Lechsinka nodded, standing on tiptoes to hang up a floor-length gown.
“You heard her say,” he repeated clearly, “on the phone, that she didn’t want to lie anymore?”
Lechsinka nodded again, her face blank, innocent.
“Then she see me and she shout ‘Go away, go away!’ ”
“Really?”
Lechsinka nodded and continued to put away clothes.
“Where was Mr. Bestigui?”
“Not there.”
“Do you know who she was speaking to? On the phone?”
“No.” But then, a little slyly, she said, “Woman.”
“A woman? How do you know?”
“Shouting, shouting on telephone. I can hear woman.”
“It was a row? An argument? They were yelling at each other? Loud, yeah?”
Strike could hear himself lapsing into the absurd, overdeliberate language of the linguistically challenged Englishman. Lechsinka nodded again as she pulled open drawers in search of the place for the belt, the only item now remaining in her arms. When at last she had coiled it up and put it away, she straightened and walked away from him, into the bedroom. He followed.
While she made the bed and neatened the bedside tables, he established that she had cleaned Lula Landry’s flat last that day, after the model had left to visit her mother. She had noticed nothing out of the ordinary, nor had she spotted any blue writing paper, whether written on or blank. Guy Somé’s handbags, and the various items for Deeby Macc, had been delivered to the security desk by the time she had finished, and the last thing she had done at work that day had been to take the designer’s gifts up to Lula’s and Macc’s respective flats.
“And you set the alarms again after putting the things in there?”
“I put alarms, yes.”
“Lula’s?”
“Yes.”
“And one nine six six in Flat Two?”
“Yes.”
“Can you remember what you put away in Deeby Macc’s flat?”
She had to mime some of the items, but she managed to convey that she remembered two tops, a belt, a hat, some gloves and (she made a fiddling mime around her wrists) cufflinks.
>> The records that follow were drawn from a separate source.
-- ===== src/Sdk/GenesisConfig/TimeUnit.antt =====
-- `TimeUnit` of crates/kernel/sdk/src/genesis_config.rs.
use ducktape_sdk.Prelude.{ℕ, ◌≡◌, ◌↔◌, ap, List, if◌then◌else◌, arith}
use ducktape_sdk.Bytes.{ascii}
use ducktape_sdk.Bytes.Order.{bytes_eq, bytes_eq→eq}
use ducktape_sdk.Parser.{Result, ok, err}
use ducktape_sdk.Sdk.Codec.{Error, bad_time_unit}

pub data TimeUnit : Type 0 where
  height millis : TimeUnit

unfoldable pub encode : TimeUnit → List ℕ
encode height = ascii "height"
encode millis = ascii "millis"

unfoldable pub decode : List ℕ → Result Error TimeUnit
decode bytes =
    if bytes_eq bytes (ascii "height")
    then ok height
    else if bytes_eq bytes (ascii "millis")
    then ok millis
    else err (bad_time_unit bytes)

unfoldable pub per_second : TimeUnit → ℕ
per_second height = 1
per_second millis = 1_000

-- `decode` returns a unit exactly on the bytes that `encode` gives for it.
pub decode-encode_iff : (bytes : List ℕ) (u : TimeUnit) → (decode bytes ≡ ok u) ↔ (bytes ≡ encode u)
unfolding decode encode bytes_eq
decode-encode_iff bytes height =
    (λ h. ground (arith, bytes_eq→eq bytes (ascii "height")), λ e. ap decode e)
decode-encode_iff bytes millis =
    (λ h. ground (arith, bytes_eq→eq bytes (ascii "millis")), λ e. ap decode e)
After stowing these things in the open shelving area of the walk-in wardrobe, so that Macc could not miss them, she had reset the alarm and gone home.
Strike thanked her very much, and lingered just long enough to admire once more her tightly denimed backside as she straightened the duvet, before rejoining Robin and Wilson in the hall.
As they proceeded up the third flight of stairs, Strike checked Lechsinka’s story with Wilson, who agreed that he had instructed the repairman to set the alarm to 1966, like the front door.
“I jus’ chose a number that’d be easy for Lechsinka to remember, because of the front door. Macc coulda reset it to somethin’ different if he’d wanted.”
“Can you remember what the repairman looked like? You said he was new?”
“Really young guy. Hair to here.”
Wilson indicated the base of his neck.
“White?”
“Yeah, white. Didn’t even look like he was shaving yet.”
They had reached the front door of Flat Three, once the home of Lula Landry. Robin felt a frisson of something—fear, excitement—as Wilson opened the third smoothly painted white front door, with its glassy bullet-sized peephole.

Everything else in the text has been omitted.